Hypospadias Surgery in Infants (6–18 Months)

The ideal age for hypospadias surgery is between 6 and 18 months. At this age:

  • Penile tissues are soft, elastic, and heal faster
  • Scarring is minimal due to high tissue regeneration
  • Infants are unaware of their genitalia and body image
  • There is no psychological impact or memory of surgery

Early hypospadias repair also allows normal toilet training and smooth bladder control development. Post-operative care is easier in infants, as diaper changes simplify wound care and recovery is less stressful for parents.

Pic 1 for blog

Hypospadias Surgery Before 3 Years of Age

If surgery cannot be done in infancy, completing hypospadias repair before 3 years of age still provides excellent results.
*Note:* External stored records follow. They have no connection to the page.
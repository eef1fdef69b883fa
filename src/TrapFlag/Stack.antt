-- ===== src/TrapFlag/Stack.antt =====
-- The stacks of the trap-flag backend over the steps of a thread.
use vd_trace.Base.{
  ℕ, ◌+◌, ◌%◌, ◌≡◌, refl, Bool, true, false, List, [], ◌∷◌, Option, arith, length, All, u32_mod,
  not, ◌&&◌, none, some, ◌==◌, by_test,
}
use vd_trace.Session.{call, return, InstructionDecodeResult, EnhancedSamplingFrame, Impl, kind_eq}
use vd_trace.Regions.{MemoryInformation}
use vd_trace.Regions.Policy.{trap_flag_frame_suppressed, should_suppress_trap_flag_call}
use vd_trace.TrapFlag.{
  update_trap_flag_call_stack, finish_trap_flag_step, push_trap_flag_call_frame,
  try_pop_trap_flag_call_frame, pop_if_top,
}

abbrev pub is_top : List Bool → Bool
is_top [] = false
is_top (b ∷ bs) = b

-- A frame above a suppressed one is suppressed.
abbrev pub IsInherited : List Bool → Type 0
IsInherited [] = Unit
IsInherited (b ∷ bs) = (is_top bs ≡ true → b ≡ true) × IsInherited bs

pub record StacksAgree (impl : Impl) : Type 0 where
  pub inherited : IsInherited impl.trap_suppression_stack
  pub suppressions : length impl.trap_suppression_stack ≡ length impl.call_return_stack
  pub samples : length impl.enhanced_sampling_stack ≡ length impl.call_return_stack
  pub depth :
      impl.current_call_depth ≡ (impl.call_depth_offset + length impl.call_return_stack) % u32_mod

pop_if_top-StacksAgree :
    (impl : Impl) (resume_address : ℕ) (stack : List ℕ)
    → impl.call_return_stack ≡ stack
    → StacksAgree impl
    → StacksAgree (pop_if_top impl resume_address stack)
unfolding pop_if_top
pop_if_top-StacksAgree impl resume_address [] e a = a
pop_if_top-StacksAgree impl resume_address (top ∷ rest) e a = ground arith

update-StacksAgree :
    (impl : Impl) (d : InstructionDecodeResult) (executed current : ℕ) (suppress : Bool)
    (frame : EnhancedSamplingFrame)
    → (trap_flag_frame_suppressed impl ≡ true → suppress ≡ true)
    → StacksAgree impl
    → StacksAgree (update_trap_flag_call_stack impl d executed current suppress frame)
unfolding update_trap_flag_call_stack push_trap_flag_call_frame try_pop_trap_flag_call_frame
update-StacksAgree impl d executed current suppress frame h a =
    ground (arith, pop_if_top-StacksAgree impl current impl.call_return_stack)

pub none_suppressed :
    (bs : List Bool) → IsInherited bs → is_top bs ≡ false → All (λ b. b ≡ false) bs
none_suppressed [] i h = tt
none_suppressed (false ∷ bs) i h = (refl, none_suppressed bs i.1 (ground (arith, i.0)))
none_suppressed (true ∷ bs) i h = absurd (ground arith)

pub top_of :
    (impl : Impl)
    → trap_flag_frame_suppressed impl ≡ false
    → is_top impl.trap_suppression_stack ≡ false
top_of impl h = ground arith

module _ (virtual_query : ℕ → Option MemoryInformation) where
  suppressed-stays :
      (impl : Impl) (depth target : ℕ)
      → trap_flag_frame_suppressed impl ≡ true
      → (should_suppress_trap_flag_call virtual_query impl impl.region_cache depth target).0 ≡ true
  unfolding should_suppress_trap_flag_call
  suppressed-stays impl depth target h = rw h refl

  pub finish-StacksAgree :
      (impl : Impl) (d : InstructionDecodeResult) (executed current depth : ℕ)
      (actual_target : Option ℕ) (frame : EnhancedSamplingFrame)
      → StacksAgree impl
      → StacksAgree
          (finish_trap_flag_step virtual_query impl d executed current depth actual_target frame)
  unfolding finish_trap_flag_step
  finish-StacksAgree impl d executed current depth none frame a =
      update-StacksAgree impl d executed current (trap_flag_frame_suppressed impl) frame (λ h. h) a
  finish-StacksAgree impl d executed current depth (some target) frame a =
      let (suppress, cache) =
        should_suppress_trap_flag_call virtual_query impl impl.region_cache depth target in
      by_test StacksAgree (kind_eq d.kind call)
        (λ calls.
          update-StacksAgree (record impl { region_cache = cache }) d executed current suppress
            frame (suppressed-stays impl depth target)
            (record {
              inherited = a.inherited;
              suppressions = a.suppressions;
              samples = a.samples;
              depth = a.depth;
            }))
        (λ other.
          update-StacksAgree impl d executed current (trap_flag_frame_suppressed impl) frame
            (λ h. h) a)

-- What the update of the stacks leaves alone.
abbrev pub SameSession : Impl → Impl → Type 0
SameSession s t = (t.stop_requested ≡ s.stop_requested) × (t.active_probe ≡ s.active_probe)

pop_if_top-SameSession :
    (impl : Impl) (resume_address : ℕ) (stack : List ℕ)
    → SameSession impl (pop_if_top impl resume_address stack)
unfolding pop_if_top
pop_if_top-SameSession impl resume_address [] = (refl, refl)
pop_if_top-SameSession impl resume_address (top ∷ rest) =
    by_test (SameSession impl) (not (top == resume_address)) (λ h. (refl, refl)) (λ h. (refl, refl))

update-SameSession :
    (impl : Impl) (d : InstructionDecodeResult) (executed current : ℕ) (suppress : Bool)
    (frame : EnhancedSamplingFrame)
    → SameSession impl (update_trap_flag_call_stack impl d executed current suppress frame)
unfolding update_trap_flag_call_stack push_trap_flag_call_frame try_pop_trap_flag_call_frame
update-SameSession impl d executed current suppress frame =
    by_test (SameSession impl) (kind_eq d.kind call && not (d.size == 0)) (λ h. (refl, refl))
      (λ h.
        by_test (SameSession impl) (kind_eq d.kind return)
          (λ y. pop_if_top-SameSession impl current impl.call_return_stack) (λ n. (refl, refl)))

module _ (virtual_query : ℕ → Option MemoryInformation) where
  pub finish-SameSession :
      (impl : Impl) (d : InstructionDecodeResult) (executed current depth : ℕ)
      (actual_target : Option ℕ) (frame : EnhancedSamplingFrame)
      → SameSession impl
          (finish_trap_flag_step virtual_query impl d executed current depth actual_target frame)
  unfolding finish_trap_flag_step
  finish-SameSession impl d executed current depth none frame =
      update-SameSession impl d executed current (trap_flag_frame_suppressed impl) frame
  finish-SameSession impl d executed current depth (some target) frame =
      let (suppress, cache) =
        should_suppress_trap_flag_call virtual_query impl impl.region_cache depth target in
      by_test (SameSession impl) (kind_eq d.kind call)
        (λ calls.
          update-SameSession (record impl { region_cache = cache }) d executed current suppress
            frame)
        (λ other.
          update-SameSession impl d executed current (trap_flag_frame_suppressed impl) frame)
Children recover well, healing is fast, and long-term functional and cosmetic outcomes remain very good.

Hypospadias Surgery in Older Children

Hypospadias surgery in older children is safe and effective, though recovery can be more challenging.

Older children:

  • Are more aware of their genitalia and may feel shy or anxious
  • Experience more fear and perceived pain after surgery
  • May find dressing changes difficult
  • Sometimes hold urine after catheter removal due to fear of pain

Despite these challenges, healing and success rates remain high when surgery is performed by an experienced hypospadias surgeon.

Hypospadias Surgery in Teenagers

Teenage boys with untreated or failed hypospadias often feel embarrassed and reluctant to undergo surgery. In cases of hypospadias with chordee (penile curvature), we recommend delaying surgery until penile growth is complete. Avoiding surgery during active growth may prevent interference with natural penile development

Hypospadias Surgery in Adults

Hypospadias repair in adults is possible and can be highly successful. However, recovery is slower compared to children because:

  • Adult penile skin is thicker and less elastic
  • Healing takes longer
  • Pubic hair can affect wound care
  • Night-time erections may stress sutures and increase complication risk
  • Infection issues are higher
  • Urethral and extra safety supra-pubic catheter are also needed.
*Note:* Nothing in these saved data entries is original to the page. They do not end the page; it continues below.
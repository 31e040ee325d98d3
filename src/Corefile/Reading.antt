-- ===== src/Corefile/Reading.antt =====
-- What a reader of the rendered configuration finds, line by line and word by word.
use mathlib.Core.List.{map-append}
use k8s_dns_manager.Prelude.{
  suc, ◌≡◌, refl, ap, ◌∙◌, Bool, true, false, not, List, [], ◌∷◌, ◌++◌, Text, codes, All, All-map,
  All-append, arith, is_empty, map, all, any, ◌==◌, text_eq, if◌then◌else◌,
}
use k8s_dns_manager.GoStrings.{decimal}
use k8s_dns_manager.GoStrings.Laws.{IsDigit, decimal-IsDigit, decimal-filled}
use k8s_dns_manager.Corefile.{
  ℤ, pos, negsuc, int_text, is_set, Config, addresses, line_if, block, broken, render, loaded,
  directives,
}
use k8s_dns_manager.Corefile.Words.{
  words_from, lines, words, IsLine, IsSolid, IsWord, IsLine-test, IsSolid-IsLine, lines_from-broken,
  words-word, words-blank,
}

-- The words of the settings that a configuration asks for, a list for each.
unfoldable pub settings : Config → List (List Text)
settings c =
    (codes "k8s_dns" ∷ line_if (not (is_empty c.external_address)) c.external_address)
    ∷ (line_if c.any (codes "any" ∷ [])
        ++ (line_if (not (is_empty c.forward)) (codes "forward" ∷ codes "." ∷ c.forward)
            ++ (line_if (is_set c.cache) (codes "cache" ∷ int_text c.cache ∷ [])
                ++ (line_if c.log (codes "log" ∷ [])
                    ++ (line_if c.errors (codes "errors" ∷ [])
                        ++ line_if c.metrics (codes "prometheus" ∷ codes "0.0.0.0:9153" ∷ []))))))

-- The external address has no blank or line break, and every forward server is a word.
pub record IsWritable (c : Config) : Type 0 where
  pub address : IsSolid c.external_address
  pub servers : All IsWord c.forward

digits-IsSolid : (t : Text) → All IsDigit t → IsSolid t
digits-IsSolid t = All-map t λ c h. (ground (arith, h.0, h.1), λ e. omega (arith, h.0, h.1, e))

int_text-IsWord : (n : ℤ) → IsWord (int_text n)
int_text-IsWord (pos n) = (decimal-filled n, digits-IsSolid (decimal n) (decimal-IsDigit n))
int_text-IsWord (negsuc n) = (
  refl,
  ((refl, λ e. omega (arith, e)), digits-IsSolid (decimal (suc n)) (decimal-IsDigit (suc n))),
)

addresses-IsLine : (vs : List Text) → All IsWord vs → IsLine (addresses vs)
unfolding addresses
addresses-IsLine [] h = tt
addresses-IsLine (v ∷ vs) h =
    All-append _ v (b' ' ∷ addresses vs) (IsSolid-IsLine v h.0.1)
      ((λ e. omega (arith, e)), addresses-IsLine vs h.1)

words-addresses : (vs : List Text) → All IsWord vs → words (addresses vs) ≡ vs
unfolding addresses words_from
words-addresses [] h = refl
words-addresses (v ∷ vs) h =
    words-blank v (addresses vs) h.0 ∙ ap (λ r. v ∷ r) (words-addresses vs h.1)

-- A line reads as the words `ws`.
Reads : Text → List Text → Type 0
Reads l ws = IsLine l × (words l ≡ ws)

-- The lines `ls` read as `wss`.
AllRead : List Text → List (List Text) → Type 0
AllRead ls wss = All IsLine ls × (map words ls ≡ wss)

AllRead-append :
    (ls : List Text) (wss : List (List Text)) (ms : List Text) (vss : List (List Text))
    → AllRead ls wss
    → AllRead ms vss
    → AllRead (ls ++ ms) (wss ++ vss)
unfolding AllRead
AllRead-append ls wss ms vss h k =
    (All-append _ ls ms h.0 k.0, map-append words ls ms ∙ cc (h.1, k.1))

-- A line under a condition reads when the line itself does.
AllRead-line_if :
    (test : Bool) (l : Text) (ws : List Text)
    → (test ≡ true → Reads l ws)
    → AllRead (line_if test l) (line_if test ws)
unfolding AllRead Reads
AllRead-line_if true l ws h = (((h refl).0, tt), cc ((h refl).1))
AllRead-line_if false l ws h = (tt, refl)

-- A line of fixed text.
Reads-literal :
    (l : Text) (ws : List Text) → all (λ c. not (c == b'\n')) l ≡ true → words l ≡ ws → Reads l ws
unfolding Reads
Reads-literal l ws h e = (IsLine-test l h, e)

Reads-k8s_dns :
    (address : Text)
    → IsSolid address
    → Reads
        (codes "\tk8s_dns" ++ (if is_empty address then [] else b' ' ∷ address))
        (codes "k8s_dns" ∷ line_if (not (is_empty address)) address)
unfolding Reads words_from
Reads-k8s_dns [] h = (IsLine-test (codes "\tk8s_dns") refl, refl)
Reads-k8s_dns (c ∷ t) h = (
  All-append _ (codes "\tk8s_dns ") (c ∷ t) (IsLine-test (codes "\tk8s_dns ") refl)
      (IsSolid-IsLine (c ∷ t) h),
  ap (λ r. codes "k8s_dns" ∷ r) (words-word (c ∷ t) (refl, h)),
)

Reads-forward :
    (vs : List Text)
    → All IsWord vs
    → Reads (codes "\tforward . " ++ addresses vs) (codes "forward" ∷ codes "." ∷ vs)
unfolding Reads words_from
Reads-forward vs h = (
  All-append _ (codes "\tforward . ") _ (IsLine-test (codes "\tforward . ") refl)
      (addresses-IsLine vs h),
  ap (λ r. codes "forward" ∷ codes "." ∷ r) (words-addresses vs h),
)

Reads-cache : (n : ℤ) → Reads (codes "\tcache " ++ int_text n) (codes "cache" ∷ int_text n ∷ [])
unfolding Reads words_from
Reads-cache n = (
  All-append _ (codes "\tcache ") _ (IsLine-test (codes "\tcache ") refl)
      (IsSolid-IsLine _ (int_text-IsWord n).1),
  ap (λ r. codes "cache" ∷ r) (words-word (int_text n) (int_text-IsWord n)),
)

block-read : (c : Config) → IsWritable c → AllRead (block c) (settings c)
unfolding block settings words_from
block-read c h =
    AllRead-append (_ ∷ []) (_ ∷ []) _ _
      (AllRead-line_if true _ _ λ _. Reads-k8s_dns c.external_address h.address)
      (AllRead-append _ _ _ _
        (AllRead-line_if c.any (codes "\tany") _ λ _. Reads-literal (codes "\tany") _ refl refl)
        (AllRead-append _ _ _ _ (AllRead-line_if _ _ _ λ _. Reads-forward c.forward h.servers) (
          AllRead-append _ _ _ _ (AllRead-line_if _ _ _ λ _. Reads-cache c.cache) (
            AllRead-append _ _ _ _
              (AllRead-line_if _ _ _ λ _. Reads-literal (codes "\tlog") _ refl refl)
              (AllRead-append _ _ _ _
                (AllRead-line_if _ _ _ λ _. Reads-literal (codes "\terrors") _ refl refl)
                (AllRead-line_if _ _ _
                  λ _. Reads-literal (codes "\tprometheus 0.0.0.0:9153") _ refl refl))))))

-- The first word of a setting is a directive that the server knows.
abbrev pub is_directive : List Text → Bool
is_directive [] = false
is_directive (w ∷ ws) = any (text_eq w) directives

abbrev AreDirectives : List (List Text) → Type 0
AreDirectives = All λ ws. is_directive ws ≡ true

line_if-AreDirectives :
    (test : Bool) (ws : List Text) → is_directive ws ≡ true → AreDirectives (line_if test ws)
line_if-AreDirectives true ws h = (h, tt)
line_if-AreDirectives false ws h = tt

settings-AreDirectives : (c : Config) → AreDirectives (settings c)
unfolding settings text_eq
settings-AreDirectives c = (
  refl,
  All-append _ _ _ (line_if-AreDirectives c.any _ refl) (
      All-append _ _ _ (line_if-AreDirectives (not (is_empty c.forward)) _ refl) (
        All-append _ _ _ (line_if-AreDirectives (is_set c.cache) _ refl) (
          All-append _ _ _ (line_if-AreDirectives c.log _ refl) (
            All-append _ _ _ (line_if-AreDirectives c.errors _ refl)
              (line_if-AreDirectives c.metrics _ refl))))),
)

-- Read line by line and word by word, the rendered configuration is one server block for port 53,
-- in which each setting that is asked for stands on a line of its own with its arguments, in the
-- order of the template, when the external address has no blank or line break and no forward
-- server has one or is empty; every setting begins with a directive of the server's list.
pub render-read :
    (c : Config)
    → IsWritable c
    → (map words (lines (render c))
        ≡ []
          ∷ ((codes ".:53" ∷ codes "{" ∷ [])
              ∷ ((settings c ++ ((codes "}" ∷ []) ∷ [])) ++ [] ∷ [])))
      × All (λ ws. is_directive ws ≡ true) (settings c)
unfolding render AllRead words_from
render-read c h =
    let here =
      AllRead-append (block c) (settings c) (codes "}" ∷ []) _ (block-read c h)
        (AllRead-line_if true _ _ λ _. Reads-literal (codes "}") _ refl refl) in
    (
      ap (map words) (
            lines_from-broken [] (codes ".:53 {" ∷ (block c ++ codes "}" ∷ []))
              (IsLine-test (codes ".:53 {") refl, here.0))
          ∙ ap (λ r. [] ∷ ((codes ".:53" ∷ codes "{" ∷ []) ∷ r))
              (map-append words (block c ++ codes "}" ∷ []) ([] ∷ [])
                ∙ ap (λ r. r ++ [] ∷ []) here.1),
      settings-AreDirectives c,
    )

-- Caddy is handed the configuration that Run was called with, since no rendered configuration is
-- empty.
pub loaded-render : (c : Config) → loaded (render c) ≡ render c
unfolding loaded render broken text_eq
loaded-render c = refl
Even in adulthood, good outcomes are achievable in expert hands. Adult hypospadias surgery success rates at Hypospadias Foundation India are over 95%, which are best in the world.

Is There an Age Limit for Hypospadias Surgery?

There is no upper age limit for hypospadias surgery. The success of repair depends more on the experience of the hypospadias surgeon than the age of the patient. With proper evaluation and surgical expertise, excellent results can be achieved even in adulthood.

Importance of Choosing an Expert Hypospadias Surgeon

Before planning hypospadias surgery, it is essential to consult a specialist hypospadias surgeon. An experienced surgeon will:

  • Carefully examine the child or adult
  • Assess severity, chordee, and previous surgeries
  • Recommend the best timing and surgical technique

At Hypospadias Foundation, children and adults from over 30 countries undergo hypospadias repair. The oldest successfully treated patient was a 50-year-old man with failed hypospadias repair and urethral stricture, operated without complications. This highlights the importance of choosing a specialized center for hypospadias treatment.

Dr A K Singal is a highly experienced and internationally renowned hypospadias surgeon in India, widely regarded as one of the leading experts in hypospadias repair for both children and adults. He has dedicated his professional life to the treatment of complex and failed hypospadias cases, helping patients achieve excellent functional and cosmetic outcomes.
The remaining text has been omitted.